Data for the task »
-- ===== src/Ptp/DataPhase.antt =====
-- What `canon_r5_ptp_command` puts on the wire for a command with data.
use canon_r.Prelude.{
  ℕ, suc, ◌^◌, ◌≤◌, ◌<◌, ◌≡◌, refl, ap, ◌∙◌, ◌⊎◌, true, false, List, ◌++◌, ◌+◌, ◌/◌, ◌%◌, map, none,
  replicate, some, length, take, arith, ◌==◌, length-append, ℤ, pos, success, eio, M, done, valid,
  if◌then◌else◌,
}
use canon_r.Wire.{
  Byte, PtpContainer, build_ptp_container, header, encode, encode_params, store_params,
  container_command, container_response, sizeof_container,
}
use canon_r.Wire.RoundTrip.{
  little, header_bytes, header-bytes, length-header, take-encode, length-encode-build, length-build,
}
use canon_r.Device.{Core}
use canon_r.Ptp.Command.{command-started, data_header-size}
use canon_r.Ptp.Answer.{wire_command, check-header, transport_send-some, transport_receive-some}
use canon_r.Ptp.{
  TransportOps, data_header, transport_send, send_data_phase, check_response, transact, ptp_command,
  next_transaction, op_open_session, rc_ok,
}

-- The bytes that announce `n` bytes of data: the size of a container with the data, the type of a
-- data phase, the code and the transaction, and then twenty bytes that were never written.
abbrev pub wire_data_header : ℕ → ℕ → ℕ → List Byte
wire_data_header code trans_id n =
    map some (header_bytes (32 + n) 2 code trans_id) ++ replicate 20 none

-- The lowest bytes of a number that wraps at 32 bits are those of the number.
wrapped : (n : ℕ) → little 4 (n % 2 ^ 32) ≡ little 4 n
wrapped n =
    let b0 : n % 4294967296 % 256 ≡ n % 256 = omega arith in
    let b1 : n % 4294967296 / 256 % 256 ≡ n / 256 % 256 = omega arith in
    let b2 : n % 4294967296 / 256 / 256 % 256 ≡ n / 256 / 256 % 256 = omega arith in
    let b3 : n % 4294967296 / 256 / 256 / 256 % 256 ≡ n / 256 / 256 / 256 % 256 = omega arith in
    rw (b0, b1, b2, b3) refl

announced-bytes :
    (code trans_id n : ℕ)
    → take sizeof_container (encode (data_header code trans_id n))
      ≡ wire_data_header code trans_id n
unfolding encode encode_params data_header build_ptp_container store_params
announced-bytes code trans_id n =
    ap (λ bs. take sizeof_container (map some bs ++ replicate 20 none))
      (header-bytes (data_header code trans_id n))
    ∙ ap
        (λ bs.
          map some (bs ++ (little 2 2 ++ (little 2 code ++ little 4 trans_id)))
          ++ replicate 20 none)
        (wrapped (32 + n))

module _ {E : Type 0} (ops : TransportOps E) where
  data_phase-sent :
      (send : List Byte → M E ℤ) (code trans_id : ℕ) (b : List Byte) (n : ℕ) (c : Core E)
      (e1 e2 : E)
      → c.dev.transport_ops ≡ valid
      → ops.bulk_send ≡ some send
      → suc n ≤ length b
      → send (wire_data_header code trans_id (suc n)) c.env ≡ done success e1
      → send (take (suc n) b) e1 ≡ done success e2
      → send_data_phase ops code trans_id (some b) (pos (suc n)) c
        ≡ done success (record c { env = e2 })
  unfolding send_data_phase
  data_phase-sent send code trans_id b n c e1 e2 hv hs hb h1 h2 =
      let announced =
        transport_send-some ops send (encode (data_header code trans_id (suc n))) sizeof_container c
          hv hs (data_header-size code trans_id (suc n))
          (ap (λ bs. send bs c.env) (announced-bytes code trans_id (suc n)) ∙ h1) in
      let sent = transport_send-some ops send b (suc n) (record c { env = e1 }) hv hs hb h2 in
      ground (arith, announced, sent)

  transact-data :
      (send : List Byte → M E ℤ) (receive : ℕ → M E (ℤ × List ℕ)) (code trans_id : ℕ) (ps : List ℕ)
      (b : List Byte) (n : ℕ) (resp : List ℕ) (c : Core E) (e1 e2 e3 e4 : E)
      → c.dev.transport_ops ≡ valid
      → ops.bulk_send ≡ some send
      → ops.bulk_receive ≡ some receive
      → length ps ≤ 5
      → suc n ≤ length b
      → send (wire_command code trans_id ps) c.env ≡ done success e1
      → send (wire_data_header code trans_id (suc n)) e1 ≡ done success e2
      → send (take (suc n) b) e2 ≡ done success e3
      → receive sizeof_container e3 ≡ done (success, resp) e4
      → length resp ≤ sizeof_container
      → transact ops code trans_id ps (some b) (pos (suc n)) c
        ≡ check_response trans_id resp (record c { env = e4 })
  unfolding transact
  transact-data send receive code trans_id ps b n resp c e1 e2 e3 e4 hv hs hr hp hb h1 h2 h3 h4 hl =
      let cmd = build_ptp_container container_command code trans_id ps in
      let commanded : transport_send ops (encode cmd) cmd.length c
          ≡ done success (record c { env = e1 }) =
        transport_send-some ops send (encode cmd) cmd.length c hv hs
          (omega (
            arith,
            length-encode-build container_command code trans_id ps,
            length-build container_command code trans_id ps hp,
          ))
          (rw (take-encode container_command code trans_id ps hp) h1) in
      let sent =
        data_phase-sent send code trans_id b n (record c { env = e1 }) e2 e3 hv hs hb h2 h3 in
      let got =
        transport_receive-some ops receive sizeof_container (record c { env = e3 }) hv hr h4 hl in
      ground (arith, commanded, sent, got)

  -- On a device with a free mutex and a registered transport, a command with data that may go
  -- out, with at most five parameters, over sends and a receive that work: the header and the
  -- parameters go out, then a data header with its length, then the first bytes of the buffer, as many as said; an
  -- answer of type response to this transaction gives the camera's code, with status 0 if it is
  -- PTP_RC_OK and -EIO if not; of the device only the transaction counter has moved.
  pub ptp_command-data_answer :
      (send : List Byte → M E ℤ) (receive : ℕ → M E (ℤ × List ℕ)) (code : ℕ) (ps : List ℕ)
      (b : List Byte) (n : ℕ) (resp : PtpContainer) (rest : List ℕ) (c : Core E) (e1 e2 e3 e4 : E)
      → c.dev.ptp.lock ≡ false
      → (c.dev.ptp.session_open ≡ true) ⊎ ((code == op_open_session) ≡ true)
      → c.dev.transport_ops ≡ valid
      → ops.bulk_send ≡ some send
      → ops.bulk_receive ≡ some receive
      → length ps ≤ 5
      → suc n ≤ length b
      → send (wire_command code c.dev.ptp.transaction_id ps) c.env ≡ done success e1
      → send (wire_data_header code c.dev.ptp.transaction_id (suc n)) e1 ≡ done success e2
      → send (take (suc n) b) e2 ≡ done success e3
      → receive sizeof_container e3 ≡ done (success, header resp ++ rest) e4
      → length rest ≤ 20
      → resp.type ≡ container_response
      → resp.code < 2 ^ 16
      → resp.trans_id ≡ c.dev.ptp.transaction_id
      → c.dev.ptp.transaction_id < 2 ^ 32
      → ptp_command ops valid code ps (some b) (pos (suc n)) valid c
        ≡ done
            (if resp.code == rc_ok then success else eio, some resp.code)
            (record (next_transaction c) { env = e4 })
  ptp_command-data_answer send receive code ps b n resp rest c e1 e2 e3 e4 hl ha hv hs hr hp hb h1
        h2 h3 h4 hn ht hc hi hw =
      command-started ops c code ps (some b) (pos (suc n)) hl ha
      ∙ transact-data send receive code c.dev.ptp.transaction_id ps b n (header resp ++ rest) _ e1
          e2 e3 e4 hv hs hr hp hb h1 h2 h3 h4
          (omega (arith, length-append (header resp) rest, length-header resp))
      ∙ check-header resp rest c.dev.ptp.transaction_id _ ht hc hi hw
      ∙ rw (← hl) refl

What to work on » Each line in the listing is to be returned exactly.

Result below »
-- ===== src/Ptp/DataPhase.antt =====
-- What `canon_r5_ptp_command` puts on the wire for a command with data.
use canon_r.Prelude.{
  ℕ, suc, ◌^◌, ◌≤◌, ◌<◌, ◌≡◌, refl, ap, ◌∙◌, ◌⊎◌, true, false, List, ◌++◌, ◌+◌, ◌/◌, ◌%◌, map, none,
  replicate, some, length, take, arith, ◌==◌, length-append, ℤ, pos, success, eio, M, done, valid,
  if◌then◌else◌,
}
use canon_r.Wire.{
  Byte, PtpContainer, build_ptp_container, header, encode, encode_params, store_params,
  container_command, container_response, sizeof_container,
}
use canon_r.Wire.RoundTrip.{
  little, header_bytes, header-bytes, length-header, take-encode, length-encode-build, length-build,
}
use canon_r.Device.{Core}
use canon_r.Ptp.Command.{command-started, data_header-size}
use canon_r.Ptp.Answer.{wire_command, check-header, transport_send-some, transport_receive-some}
use canon_r.Ptp.{
  TransportOps, data_header, transport_send, send_data_phase, check_response, transact, ptp_command,
  next_transaction, op_open_session, rc_ok,
}

-- The bytes that announce `n` bytes of data: the size of a container with the data, the type of a
-- data phase, the code and the transaction, and then twenty bytes that were never written.
abbrev pub wire_data_header : ℕ → ℕ → ℕ → List Byte
wire_data_header code trans_id n =
    map some (header_bytes (32 + n) 2 code trans_id) ++ replicate 20 none

-- The lowest bytes of a number that wraps at 32 bits are those of the number.
wrapped : (n : ℕ) → little 4 (n % 2 ^ 32) ≡ little 4 n
wrapped n =
    let b0 : n % 4294967296 % 256 ≡ n % 256 = omega arith in
    let b1 : n % 4294967296 / 256 % 256 ≡ n / 256 % 256 = omega arith in
    let b2 : n % 4294967296 / 256 / 256 % 256 ≡ n / 256 / 256 % 256 = omega arith in
    let b3 : n % 4294967296 / 256 / 256 / 256 % 256 ≡ n / 256 / 256 / 256 % 256 = omega arith in
    rw (b0, b1, b2, b3) refl

announced-bytes :
    (code trans_id n : ℕ)
    → take sizeof_container (encode (data_header code trans_id n))
      ≡ wire_data_header code trans_id n
unfolding encode encode_params data_header build_ptp_container store_params
announced-bytes code trans_id n =
    ap (λ bs. take sizeof_container (map some bs ++ replicate 20 none))
      (header-bytes (data_header code trans_id n))
    ∙ ap
        (λ bs.
          map some (bs ++ (little 2 2 ++ (little 2 code ++ little 4 trans_id)))
          ++ replicate 20 none)
        (wrapped (32 + n))

module _ {E : Type 0} (ops : TransportOps E) where
  data_phase-sent :
      (send : List Byte → M E ℤ) (code trans_id : ℕ) (b : List Byte) (n : ℕ) (c : Core E)
      (e1 e2 : E)
      → c.dev.transport_ops ≡ valid
      → ops.bulk_send ≡ some send
      → suc n ≤ length b
      → send (wire_data_header code trans_id (suc n)) c.env ≡ done success e1
      → send (take (suc n) b) e1 ≡ done success e2
      → send_data_phase ops code trans_id (some b) (pos (suc n)) c
        ≡ done success (record c { env = e2 })
  unfolding send_data_phase
  data_phase-sent send code trans_id b n c e1 e2 hv hs hb h1 h2 =
      let announced =
        transport_send-some ops send (encode (data_header code trans_id (suc n))) sizeof_container c
          hv hs (data_header-size code trans_id (suc n))
          (ap (λ bs. send bs c.env) (announced-bytes code trans_id (suc n)) ∙ h1) in
      let sent = transport_send-some ops send b (suc n) (record c { env = e1 }) hv hs hb h2 in
      ground (arith, announced, sent)

  transact-data :
      (send : List Byte → M E ℤ) (receive : ℕ → M E (ℤ × List ℕ)) (code trans_id : ℕ) (ps : List ℕ)
      (b : List Byte) (n : ℕ) (resp : List ℕ) (c : Core E) (e1 e2 e3 e4 : E)
      → c.dev.transport_ops ≡ valid
      → ops.bulk_send ≡ some send
      → ops.bulk_receive ≡ some receive
      → length ps ≤ 5
      → suc n ≤ length b
      → send (wire_command code trans_id ps) c.env ≡ done success e1
      → send (wire_data_header code trans_id (suc n)) e1 ≡ done success e2
      → send (take (suc n) b) e2 ≡ done success e3
      → receive sizeof_container e3 ≡ done (success, resp) e4
      → length resp ≤ sizeof_container
      → transact ops code trans_id ps (some b) (pos (suc n)) c
        ≡ check_response trans_id resp (record c { env = e4 })
  unfolding transact
  transact-data send receive code trans_id ps b n resp c e1 e2 e3 e4 hv hs hr hp hb h1 h2 h3 h4 hl =
      let cmd = build_ptp_container container_command code trans_id ps in
      let commanded : transport_send ops (encode cmd) cmd.length c
          ≡ done success (record c { env = e1 }) =
        transport_send-some ops send (encode cmd) cmd.length c hv hs
          (omega (
            arith,
            length-encode-build container_command code trans_id ps,
            length-build container_command code trans_id ps hp,
          ))
          (rw (take-encode container_command code trans_id ps hp) h1) in
      let sent =
        data_phase-sent send code trans_id b n (record c { env = e1 }) e2 e3 hv hs hb h2 h3 in
      let got =
        transport_receive-some ops receive sizeof_container (record c { env = e3 }) hv hr h4 hl in
      ground (arith, commanded, sent, got)

  -- On a device with a free mutex and a registered transport, a command with data that may go
  -- out, with at most five parameters, over sends and a receive that work: the header and the
  -- parameters go out, then a data header with its length, then the first bytes of the buffer, as many as said; an
  -- answer of type response to this transaction gives the camera's code, with status 0 if it is
  -- PTP_RC_OK and -EIO if not; of the device only the transaction counter has moved.
  pub ptp_command-data_answer :
      (send : List Byte → M E ℤ) (receive : ℕ → M E (ℤ × List ℕ)) (code : ℕ) (ps : List ℕ)
      (b : List Byte) (n : ℕ) (resp : PtpContainer) (rest : List ℕ) (c : Core E) (e1 e2 e3 e4 : E)
      → c.dev.ptp.lock ≡ false
      → (c.dev.ptp.session_open ≡ true) ⊎ ((code == op_open_session) ≡ true)
      → c.dev.transport_ops ≡ valid
      → ops.bulk_send ≡ some send
      → ops.bulk_receive ≡ some receive
      → length ps ≤ 5
      → suc n ≤ length b
      → send (wire_command code c.dev.ptp.transaction_id ps) c.env ≡ done success e1
      → send (wire_data_header code c.dev.ptp.transaction_id (suc n)) e1 ≡ done success e2
      → send (take (suc n) b) e2 ≡ done success e3
      → receive sizeof_container e3 ≡ done (success, header resp ++ rest) e4
      → length rest ≤ 20
      → resp.type ≡ container_response
      → resp.code < 2 ^ 16
      → resp.trans_id ≡ c.dev.ptp.transaction_id
      → c.dev.ptp.transaction_id < 2 ^ 32
      → ptp_command ops valid code ps (some b) (pos (suc n)) valid c
        ≡ done
            (if resp.code == rc_ok then success else eio, some resp.code)
            (record (next_transaction c) { env = e4 })
  ptp_command-data_answer send receive code ps b n resp rest c e1 e2 e3 e4 hl ha hv hs hr hp hb h1
        h2 h3 h4 hn ht hc hi hw =
      command-started ops c code ps (some b) (pos (suc n)) hl ha
      ∙ transact-data send receive code c.dev.ptp.transaction_id ps b n (header resp ++ rest) _ e1
          e2 e3 e4 hv hs hr hp hb h1 h2 h3 h4
          (omega (arith, length-append (header resp) rest, length-header resp))
      ∙ check-header resp rest c.dev.ptp.transaction_id _ ht hc hi hw
      ∙ rw (← hl) refl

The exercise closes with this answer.